__Stored data__.
——————————

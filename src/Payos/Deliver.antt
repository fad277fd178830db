-- ===== src/Payos/Deliver.antt =====
-- Webhooks and polls that act on one payment, one transaction after the other: pos-payos.service.ts.
use stock_pilot_be.Prelude.{
  ℕ, ◌≡◌, refl, some, List, [], ◌∷◌, inl, inr, ap, ◌∙◌, ◌⊎◌, subst, All, sym,
}
use stock_pilot_be.Prelude.Int.{◌+ℤ◌}
use stock_pilot_be.Prelude.Rows.{find_first}
use stock_pilot_be.Prelude.Result.{Result, ok, err, Ensures, Ensures-map, returns, fails}
use stock_pilot_be.Schema.{Database, PaymentStatus, Warehouse}
use stock_pilot_be.Ledger.{StockChangeItem}
use stock_pilot_be.Ledger.Normalize.{IsPositive}
use stock_pilot_be.Ledger.Posting.{on_hand, Keeps, Keeps-refl, Keeps-trans}
use stock_pilot_be.Ledger.Rest.{rest}
use stock_pilot_be.Orders.{deduct_lines, is_default_warehouse}
use stock_pilot_be.Orders.Stock.{IsSound, Keeps-IsSound}
use stock_pilot_be.Payos.{Action, PaymentView, leave, cancel, settle, perform, cancel_pending}
use stock_pilot_be.Payos.Settle.{
  IsClosed, set_payment-IsClosed, taken, Settled, Outcome, perform-Outcome,
}

-- Nothing of the stock, or of the warehouses, has changed.
record Untouched (db db' : Database) : Type 0 where
  stock : Keeps db db'
  warehouses : db'.warehouses ≡ db.warehouses

-- What any number of deliveries comes to.
data Progress (id : ℕ) (asked : List StockChangeItem) (w : Warehouse) (db db' : Database)
    : Type 0 where
  before : Untouched db db' → Progress id asked w db db'
  after : Settled id asked w db db' → Progress id asked w db db'

-- One action, of which an error leaves the tables as they were.
unfoldable pub attempt : ℕ → Action → Database → Database
attempt now action db = elim (perform now action db) [ ok db' ↦ db' | err _ ↦ db ]

-- The actions of webhooks and polls, in the order in which their transactions run.
unfoldable pub deliver : List (ℕ × Action) → Database → Database
unfolding attempt
deliver [] db = db
deliver ((now, action) ∷ rest) db = deliver rest (attempt now action db)

-- The action is about the payment, with the lines that its order has.
abbrev pub IsAbout : ℕ → ℕ → List StockChangeItem → Action → Type 0
IsAbout id store asked leave = Unit
IsAbout id store asked (cancel v) = v.payment.id ≡ id
IsAbout id store asked (settle v) =
    (v.payment.id ≡ id) × (v.payment.store_id ≡ store) × (deduct_lines v.items ≡ asked)

attempt_lem :
    (Q : Database → Type 0) (now : ℕ) (action : Action) (db : Database)
    → Ensures Q (perform now action db)
    → Q db
    → Q (attempt now action db)
unfolding attempt
attempt_lem Q now action db h q = by_result (perform now action db) h
  where
    by_result : (m : Result Database) → Ensures Q m → Q (elim m [ ok db' ↦ db' | err _ ↦ db ])
    by_result (ok x) (returns p) = p
    by_result (err e) fails = q

Settled-after :
    (id : ℕ) (asked : List StockChangeItem) (w : Warehouse) (a b c : Database)
    → Untouched a b
    → Settled id asked w b c
    → Settled id asked w a c
Settled-after id asked w a b c u done = record {
  closed = done.closed;
  stock = λ x j. done.stock x j ∙ ap (λ q. q +ℤ taken asked w x j) (u.stock.balances x j);
  sound = λ s. done.sound (Keeps-IsSound u.stock s);
  warehouses = done.warehouses ∙ u.warehouses;
}

-- The cancellation writes statuses alone, and closes the payment.
Settled-cancel :
    (id : ℕ) (asked : List StockChangeItem) (w : Warehouse) (a b : Database) (v : PaymentView)
    → v.payment.id ≡ id
    → Settled id asked w a b
    → Settled id asked w a (cancel_pending v b)
unfolding cancel_pending
Settled-cancel id asked w a b v e done = record {
  closed = rw (← e) (set_payment-IsClosed v.payment.id PaymentStatus.canceled b refl);
  stock = λ x j. done.stock x j;
  sound = λ s. Keeps-IsSound (record { movements = refl; balances = λ u j. refl }) (done.sound s);
  warehouses = done.warehouses;
}

module _ (id store : ℕ) (asked : List StockChangeItem) (w : Warehouse) (start : Database)
    (positive : IsPositive asked)
    (found : find_first (is_default_warehouse store) start.warehouses ≡ some w) where
  Progress-Outcome :
      (db db' : Database)
      → Progress id asked w start db
      → Outcome id asked w db db'
      → Progress id asked w start db'
  Progress-Outcome db db' p (inl same) = subst (Progress id asked w start) (sym same) p
  Progress-Outcome db db' (before u) (inr (same, done)) =
      after (Settled-after id asked w start db db' u done)
  Progress-Outcome db db' (after old) (inr (same, done)) =
      subst (Progress id asked w start) (sym (same old.closed)) (after old)

  Progress-warehouses :
      (db : Database) → Progress id asked w start db → db.warehouses ≡ start.warehouses
  Progress-warehouses db (before u) = u.warehouses
  Progress-warehouses db (after done) = done.warehouses

  settle-Progress :
      (now : ℕ) (v : PaymentView) (db : Database)
      → IsAbout id store asked (settle v)
      → Progress id asked w start db
      → Ensures (Progress id asked w start) (perform now (settle v) db)
  settle-Progress now v db (ei, es, el) p =
      Ensures-map
        (perform-Outcome now v w db (subst IsPositive (sym el) positive)
          (rw (Progress-warehouses db p, es) found))
        λ r outcome. Progress-Outcome db r p (
          subst (λ n. Outcome n asked w db r) ei
            (subst (λ ls. Outcome v.payment.id ls w db r) el outcome))

  attempt-Progress :
      (now : ℕ) (action : Action) (db : Database)
      → IsAbout id store asked action
      → Progress id asked w start db
      → Progress id asked w start (attempt now action db)
  unfolding attempt perform
  attempt-Progress now leave db about p = p
  attempt-Progress now (cancel v) db about (before u) = before (record {
    stock = Keeps-trans u.stock (record { movements = refl; balances = λ x j. refl });
    warehouses = u.warehouses;
  })
  attempt-Progress now (cancel v) db about (after done) =
      after (Settled-cancel id asked w start db v about done)
  attempt-Progress now (settle v) db about p =
      attempt_lem (Progress id asked w start) now (settle v) db (settle-Progress now v db about p) p

  deliver-Progress :
      (actions : List (ℕ × Action)) (db : Database)
      → All (λ a. IsAbout id store asked a.1) actions
      → Progress id asked w start db
      → Progress id asked w start (deliver actions db)
  unfolding deliver
  deliver-Progress [] db about p = p
  deliver-Progress ((now, action) ∷ rest) db about p =
      deliver-Progress rest (attempt now action db) about.1
        (attempt-Progress now action db about.0 p)

-- However many webhooks and polls act on one payment, in whatever order, and whichever of them fail:
-- either no quantity has changed, or the order's lines have been taken from the store's default
-- warehouse exactly once, and no row of the payment is pending.
pub deliver_once :
    (id store : ℕ) (asked : List StockChangeItem) (w : Warehouse) (actions : List (ℕ × Action))
    (db : Database)
    → IsPositive asked
    → find_first (is_default_warehouse store) db.warehouses ≡ some w
    → All (λ a. IsAbout id store asked a.1) actions
    → ((u j : ℕ) → on_hand u j (deliver actions db) ≡ on_hand u j db)
      ⊎ (IsClosed id (deliver actions db)
          × ((u j : ℕ) → on_hand u j (deliver actions db) ≡ on_hand u j db +ℤ taken asked w u j))
deliver_once id store asked w actions db positive found about =
    elim (deliver-Progress id store asked w db positive found actions db about
      (before (record { stock = Keeps-refl db; warehouses = refl }))) [
        | before u ↦ inl (λ x j. u.stock.balances x j)
        | after done ↦ inr (done.closed, done.stock)
      ]

-- Where the stock is sound and the lines are positive, it is sound after any of them too.
pub deliver-IsSound :
    (id store : ℕ) (asked : List StockChangeItem) (w : Warehouse) (actions : List (ℕ × Action))
    (db : Database)
    → IsPositive asked
    → find_first (is_default_warehouse store) db.warehouses ≡ some w
    → All (λ a. IsAbout id store asked a.1) actions
    → IsSound db
    → IsSound (deliver actions db)
deliver-IsSound id store asked w actions db positive found about sound =
    elim (deliver-Progress id store asked w db positive found actions db about
      (before (record { stock = Keeps-refl db; warehouses = refl }))) [
        | before u ↦ Keeps-IsSound u.stock sound
        | after done ↦ done.sound sound
      ]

——————————

__Task details__.
Copy every line of the records above that contains "polls".

__Output__.
-- Webhooks and polls that act on one payment, one transaction after the other: pos-payos.service.ts.
-- The actions of webhooks and polls, in the order in which their transactions run.
-- However many webhooks and polls act on one payment, in whatever order, and whichever of them fail:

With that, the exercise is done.